Records from a collection:

═══

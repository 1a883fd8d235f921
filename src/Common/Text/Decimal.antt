-- ===== src/Common/Text/Decimal.antt =====
-- Printing an int64 in decimal and reading it back.
use Prim.Native.Char.{code}
use Prim.Native.Nat.{ℕ, zero, suc, ◌+◌, ◌*◌, ◌/◌, ◌%◌, ◌^◌, ◌<◌}
use Prim.Native.String.{String}
use mathlib.Core.Path.{◌≡◌, refl, sym, ◌∙◌, ap}
use mathlib.Core.Option.{some}
use mathlib.Core.Logic.{inl, inr}
use native.Mathlib.Omega.{arith}
use native.Mathlib.Nat.{pow-suc}
use inwheel_api.Common.Tests.{ltb, le→leb, lt→ltb, eqb_ne, Bool-cases, ltb→lt}
use inwheel_api.Common.Int.{ℤ, pos, negsuc}
use inwheel_api.Common.Text.{
  digit_char, decimal, digits_value, unsigned_value, positive_int, negative_int, atoi, itoa,
}

code-digit_char : (d : ℕ) → d < 10 → code (digit_char d) ≡ 48 + d
unfolding digit_char
code-digit_char zero h = refl
code-digit_char (suc zero) h = refl
code-digit_char (suc (suc zero)) h = refl
code-digit_char (suc (suc (suc zero))) h = refl
code-digit_char (suc (suc (suc (suc zero)))) h = refl
code-digit_char (suc (suc (suc (suc (suc zero))))) h = refl
code-digit_char (suc (suc (suc (suc (suc (suc zero)))))) h = refl
code-digit_char (suc (suc (suc (suc (suc (suc (suc zero))))))) h = refl
code-digit_char (suc (suc (suc (suc (suc (suc (suc (suc zero)))))))) h = refl
code-digit_char (suc (suc (suc (suc (suc (suc (suc (suc (suc d))))))))) h = omega arith

digits_value-digit :
    (d acc : ℕ) (rest : String)
    → d < 10
    → digits_value acc (String.◌∷◌ (digit_char d) rest) ≡ digits_value (acc * 10 + d) rest
unfolding digits_value
digits_value-digit d acc rest h =
    rw (code-digit_char d h, le→leb 48 (48 + d) (omega arith), le→leb (48 + d) 57 (omega arith))
      (ap (λ x. digits_value x rest) (omega arith))

-- `fuel` digits are enough for a number below 10 ^ fuel.
digits_value-decimal :
    (fuel n : ℕ) (rest : String)
    → n < 10 ^ suc fuel
    → digits_value 0 (decimal (suc fuel) n rest) ≡ digits_value n rest
unfolding decimal
digits_value-decimal zero n rest h =
    rw (lt→ltb n 10 (omega arith))
      (digits_value-digit n 0 rest (omega arith) ∙ ap (λ x. digits_value x rest) (omega arith))
digits_value-decimal (suc fuel) n rest h = elim (Bool-cases (ltb n 10)) [
  | inl small ↦ rw small (
      digits_value-digit n 0 rest (ltb→lt n 10 small) ∙ ap (λ x. digits_value x rest) (omega arith))
  | inr large ↦ rw large (
      digits_value-decimal fuel (n / 10) (String.◌∷◌ (digit_char (n % 10)) rest)
        (omega (arith, pow-suc 10 (suc fuel)))
      ∙ digits_value-digit (n % 10) (n / 10) rest (omega arith)
      ∙ ap (λ x. digits_value x rest) (omega arith))
]

-- A printed number begins with a digit.
head-decimal :
    (fuel n : ℕ) (rest : String)
    → n < 10 ^ suc fuel
    → (d : ℕ) × (s : String) × (d < 10) × (decimal (suc fuel) n rest ≡ String.◌∷◌ (digit_char d) s)
unfolding decimal
head-decimal zero n rest h = (n, rest, omega arith, rw (lt→ltb n 10 (omega arith)))
head-decimal (suc fuel) n rest h = elim (Bool-cases (ltb n 10)) [
  | inl small ↦ (n, rest, ltb→lt n 10 small, rw small)
  | inr large ↦
      let (d, s, lt, e) =
        head-decimal fuel (n / 10) (String.◌∷◌ (digit_char (n % 10)) rest)
          (omega (arith, pow-suc 10 (suc fuel))) in
      (d, s, lt, rw large e)
]

atoi-digit :
    (d : ℕ) (s : String)
    → d < 10
    → atoi (String.◌∷◌ (digit_char d) s)
      ≡ positive_int (digits_value 0 (String.◌∷◌ (digit_char d) s))
unfolding atoi
atoi-digit d s h =
    rw
      (
        code-digit_char d h,
        eqb_ne (48 + d) b'-' (λ e. omega arith),
        eqb_ne (48 + d) b'+' (λ e. omega arith),
      )
      refl

atoi-decimal : (n : ℕ) → n < 10 ^ 20 → atoi (decimal 20 n "") ≡ positive_int (some n)
unfolding digits_value
atoi-decimal n h =
    let (d, s, lt, e) = head-decimal 19 n "" h in
    rw e (
      atoi-digit d s lt
      ∙ ap positive_int (ap (digits_value 0) (sym e) ∙ digits_value-decimal 19 n "" h))

unsigned_value-decimal : (n : ℕ) → n < 10 ^ 20 → unsigned_value (decimal 20 n "") ≡ some n
unfolding unsigned_value digits_value
unsigned_value-decimal n h =
    let (d, s, lt, e) = head-decimal 19 n "" h in
    rw e (ap (digits_value 0) (sym e) ∙ digits_value-decimal 19 n "" h)

-- The value is an int64.
abbrev pub IsInt64 : ℤ → Type 0
IsInt64 (pos n) = n < 2 ^ 63
IsInt64 (negsuc n) = n < 2 ^ 63

positive_int_lem : (n : ℕ) → n < 2 ^ 63 → positive_int (some n) ≡ some (pos n)
unfolding positive_int
positive_int_lem n h = rw (lt→ltb n (2 ^ 63) h)

negative_int_lem : (n : ℕ) → n < 2 ^ 63 → negative_int (some (suc n)) ≡ some (negsuc n)
unfolding negative_int
negative_int_lem n h = rw (lt→ltb n (2 ^ 63) h)

atoi-minus : (s : String) → atoi (String.◌∷◌ "-" s) ≡ negative_int (unsigned_value s)
unfolding atoi
atoi-minus s = refl

-- Reading the decimal text of an int64 gives that number back.
pub atoi-itoa : (n : ℤ) → IsInt64 n → atoi (itoa n) ≡ some n
unfolding itoa
atoi-itoa (pos n) h = atoi-decimal n (omega arith) ∙ positive_int_lem n h
atoi-itoa (negsuc n) h =
    atoi-minus (decimal 20 (suc n) "")
    ∙ ap negative_int (unsigned_value-decimal (suc n) (omega arith))
    ∙ negative_int_lem n h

═══

### Your task
Tell me how many lines in the records above include the word "small"; the number is all that is needed.

### Answer box
3